§ Data section:

┌──

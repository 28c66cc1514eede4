-- ===== src/Storage/Laws/RoundTrip.antt =====
-- LoadAssetByMAC reads back what SaveBatch wrote of a new asset.
use asset_discovery.Asset.Identity.{generate_asset_id, mac_string}
use asset_discovery.Asset.Identity.Keys.{mac_string_inj}
use asset_discovery.Asset.Types.{AssetId, AssetSnapshot, Mac}
use asset_discovery.Prelude.{
  Bool, Bool-cases, Gives, List, [], ap, arith, false, inl, inr, none, refl, some, sym, true, ℕ,
  ◌++◌, ◌∙◌, ◌∷◌, ◌≡◌,
}
use asset_discovery.Prelude.Map.{Map, insert, lookup}
use asset_discovery.Prelude.Map.Laws.{Entries}
use asset_discovery.Prelude.Text.{is_empty, text_eq, text_eq_iff, text_eq_refl, text_eq→eq}
use asset_discovery.Storage.{
  AssetRow, Codec, Tables, conflict_asset, conflict_hostname, conflict_ip, conflict_service,
  execute, rows_of,
}
use asset_discovery.Storage.Laws.{
  DbLaw, RowLaw, SavedLaw, execute_all, execute_all-append, save_batch_atomic,
}
use asset_discovery.Storage.Laws.Addresses.{read_ips, saved_ips}
use asset_discovery.Storage.Laws.Children.{
  add_rows, execute_all-upsert_hostnames, execute_all-upsert_ip_rows, execute_all-upsert_services,
  hostname_rows, ip_rows, is_some-add_rows, put_rows, rows_of-put_rows, service_rows,
}
use asset_discovery.Storage.Laws.Clean.{
  Clean, CodecLaw, Fresh, SameAsset, keyed, parse_time_str-time_fmt,
}
use asset_discovery.Storage.Laws.Reading.{
  IsMap-service_rows, add_rows-nil, has-load_hostnames, is_some-hostname_rows,
  load_services-service_rows,
}
use asset_discovery.Storage.Load.{
  find_by_mac, load_asset_by_mac, load_children, load_found, read_asset,
}
use asset_discovery.Storage.Mac.{IsHardware, parse_mac-mac_string}
use asset_discovery.Storage.Save.{
  asset_row, batch_statements, hostname_row, replace_child_rows, save_batch, upsert_asset,
  upsert_hostnames, upsert_ip_rows, upsert_services,
}
use mathlib.Core.List.{append-nil}

-- The tables after the statements of one snapshot.
unfoldable pub saved : Codec → AssetSnapshot → Tables → Tables
saved cx s t = record {
  assets = insert s.id (conflict_asset (lookup s.id t.assets) (asset_row cx s)) t.assets;
  ips =
      put_rows conflict_ip s.id (ip_rows cx 6 s.ipv6s)
        (put_rows conflict_ip s.id (ip_rows cx 4 s.ipv4s) t.ips);
  hostnames =
      put_rows conflict_hostname s.id (hostname_rows (hostname_row cx s) s.hostnames) t.hostnames;
  services = put_rows conflict_service s.id (service_rows cx s.last_seen s.services) t.services;
}

pub execute_all-snapshot :
    (cx : Codec) (s : AssetSnapshot) (t : Tables)
    → execute_all (batch_statements cx (s ∷ [])) t ≡ saved cx s t
unfolding batch_statements upsert_asset replace_child_rows execute_all execute saved
execute_all-snapshot cx s t =
    let v4 = upsert_ip_rows cx s.id 4 s.ipv4s in
    let v6 = upsert_ip_rows cx s.id 6 s.ipv6s in
    let names = upsert_hostnames s.id (hostname_row cx s) s.hostnames in
    let svcs = upsert_services cx s.id s.last_seen s.services in
    rw (append-nil (v4 ++ (v6 ++ (names ++ svcs)))) (
      execute_all-append v4 (v6 ++ (names ++ svcs)) _
      ∙ ap (execute_all (v6 ++ (names ++ svcs))) (execute_all-upsert_ip_rows cx s.id 4 s.ipv4s _)
      ∙ execute_all-append v6 (names ++ svcs) _
      ∙ ap (execute_all (names ++ svcs)) (execute_all-upsert_ip_rows cx s.id 6 s.ipv6s _)
      ∙ execute_all-append names svcs _
      ∙ ap (execute_all svcs) (execute_all-upsert_hostnames s.id (hostname_row cx s) s.hostnames _)
      ∙ execute_all-upsert_services cx s.id s.last_seen s.services _)

find_by_mac-insert :
    (mac : Mac) (id : AssetId) (row : AssetRow) (rows : Map AssetRow)
    → row.mac ≡ mac_string mac
    → id ≡ generate_asset_id mac
    → Entries RowLaw rows
    → lookup id rows ≡ none
    → find_by_mac (mac_string mac) (insert id row rows) ≡ some (id, row)
unfolding find_by_mac insert lookup
find_by_mac-insert mac id row [] e n l h = rw e (rw (text_eq_refl (mac_string mac)) refl)
find_by_mac-insert mac id row ((j, r) ∷ rows) e n l h = elim (Bool-cases (text_eq j id)) [
  | inl f ↦ absurd (let h' : some r ≡ none = rw f at h in cc)
  | inr f ↦ rw f (elim (Bool-cases (text_eq r.mac (mac_string mac))) [
    | inl g ↦
        let same = mac_string_inj l.0.address mac (sym l.0.printed ∙ text_eq→eq r.mac _ g) in
        let j≡id : j ≡ id = l.0.named ∙ ap generate_asset_id same ∙ sym n in
        absurd (ground (arith, f, text_eq_iff j id, j≡id))
    | inr g ↦ rw g (find_by_mac-insert mac id row rows e n l.1 (rw f at h))
  ])
]

pub save_batch_succeeds :
    (cx : Codec) (fails : ℕ → Bool) (t : Tables) (ss : List AssetSnapshot)
    → (save_batch cx fails t ss).1 ≡ true
    → (save_batch cx fails t ss).0 ≡ execute_all (batch_statements cx ss) t
save_batch_succeeds cx fails t ss h = elim (save_batch_atomic cx fails t ss) [
  | inl e ↦ ap (λ r. r.0) e
  | inr (e, w) ↦ absurd (let q : false ≡ true = sym (ap (λ r. r.1) e) ∙ h in cc)
]

-- The row of the asset, read from the tables afterwards.
read_saved :
    (cx : Codec) (s : AssetSnapshot) (t : Tables)
    → CodecLaw cx
    → Clean cx s
    → IsHardware s.mac
    → Fresh s.id t
    → SameAsset s (read_asset cx (saved cx s t) (s.id, asset_row cx s))
unfolding read_asset saved asset_row saved_ips conflict_service lookup
read_saved cx s t law c hw fresh =
    let ips : rows_of s.id (saved cx s t).ips ≡ saved_ips cx s =
      rows_of-put_rows conflict_ip s.id (ip_rows cx 6 s.ipv6s) _
      ∙ ap (add_rows conflict_ip (ip_rows cx 6 s.ipv6s)) (
          rows_of-put_rows conflict_ip s.id (ip_rows cx 4 s.ipv4s) t.ips
          ∙ ap (add_rows conflict_ip (ip_rows cx 4 s.ipv4s)) fresh.ips) in
    let names = hostname_rows (hostname_row cx s) s.hostnames in
    let hosts : rows_of s.id (saved cx s t).hostnames ≡ add_rows conflict_hostname names [] =
      rows_of-put_rows conflict_hostname s.id names t.hostnames
      ∙ ap (add_rows conflict_hostname names) fresh.hostnames in
    let svcs : rows_of s.id (saved cx s t).services ≡ service_rows cx s.last_seen s.services =
      rows_of-put_rows conflict_service s.id (service_rows cx s.last_seen s.services) t.services
      ∙ ap (add_rows conflict_service (service_rows cx s.last_seen s.services)) fresh.services
      ∙ add_rows-nil conflict_service (λ r. refl) _
          (IsMap-service_rows cx s.last_seen s.services c.services_clean c.services_map) in
    record {
      id = refl;
      mac = parse_mac-mac_string s.mac hw;
      ipv4s = λ ip. rw ips (read_ips cx s ip law c).0;
      ipv6s = λ ip. rw ips (read_ips cx s ip law c).1;
      hostnames = λ h. rw hosts (
          has-load_hostnames (add_rows conflict_hostname names []) h
          ∙ is_some-add_rows conflict_hostname names [] h
          ∙ rw (is_some-hostname_rows (hostname_row cx s) s.hostnames h) (ground arith));
      services = λ k. rw svcs (
          ap (λ l. lookup k (keyed l))
            (load_services-service_rows cx s.last_seen s.services law c.services_clean));
      mac_vendor = refl;
      device_type = refl;
      model = refl;
      os = refl;
      extra = c.extra_read;
      first_seen = parse_time_str-time_fmt cx s.first_seen law c.first_printable;
      last_seen = parse_time_str-time_fmt cx s.last_seen law c.last_printable;
      seen_count = refl;
      status = refl;
    }

printed_nonempty : (m : Mac) → IsHardware m → is_empty (mac_string m) ≡ false
unfolding mac_string is_empty
printed_nonempty [] h = absurd (let e = h.size in cc)
printed_nonempty (b ∷ m) h = refl

find_saved :
    (cx : Codec) (s : AssetSnapshot) (t : Tables)
    → DbLaw t
    → Fresh s.id t
    → SavedLaw s
    → find_by_mac (mac_string s.mac) (saved cx s t).assets ≡ some (s.id, asset_row cx s)
unfolding saved conflict_asset asset_row
find_saved cx s t d fresh sl =
    rw fresh.assets
      (find_by_mac-insert s.mac s.id (asset_row cx s) t.assets refl sl.law d fresh.assets)

-- A snapshot with a hardware address and its id, saved by a batch that reports success to tables that
-- have no row of its id, is what LoadAssetByMAC returns for its address, when no query fails: every
-- field is as before, the maps and the services by their keys, the host names as a set without the
-- empty one. Asked are leases of whole seconds, no address in both maps, services of servers on
-- distinct ports that carry their own time, extras that JSON reads back, and times before the year
-- 10000.
pub save_batch-load_asset_by_mac :
    (cx : Codec) (fails reads : ℕ → Bool) (t : Tables) (s : AssetSnapshot)
    → CodecLaw cx
    → ((n : ℕ) → reads n ≡ false)
    → DbLaw t
    → Fresh s.id t
    → SavedLaw s
    → Clean cx s
    → (save_batch cx fails t (s ∷ [])).1 ≡ true
    → Gives
        (SameAsset s)
        (load_asset_by_mac cx reads (save_batch cx fails t (s ∷ [])).0 (mac_string s.mac))
unfolding load_asset_by_mac load_found load_children
save_batch-load_asset_by_mac cx fails reads t s law ok d fresh sl c done =
    let after = save_batch_succeeds cx fails t (s ∷ []) done ∙ execute_all-snapshot cx s t in
    let named = printed_nonempty s.mac sl.hardware in
    let found : find_by_mac (mac_string s.mac) (saved cx s t).assets ≡ some (s.id, asset_row cx s) =
      find_saved cx s t d fresh sl in
    rw after (
      rw named
        (rw (ok 0) (rw found (rw (ok 1, ok 2, ok 3) (read_saved cx s t law c sl.hardware fresh)))))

└──

§ Exercise:
Which lines above run from the one containing "let v4 = upsert_ip_rows" down to the one containing "execute_all-append v4 (v6"? Repeat exactly those, both ends included, and nothing else.

§ Answer:
    let v4 = upsert_ip_rows cx s.id 4 s.ipv4s in
    let v6 = upsert_ip_rows cx s.id 6 s.ipv6s in
    let names = upsert_hostnames s.id (hostname_row cx s) s.hostnames in
    let svcs = upsert_services cx s.id s.last_seen s.services in
    rw (append-nil (v4 ++ (v6 ++ (names ++ svcs)))) (
      execute_all-append v4 (v6 ++ (names ++ svcs)) _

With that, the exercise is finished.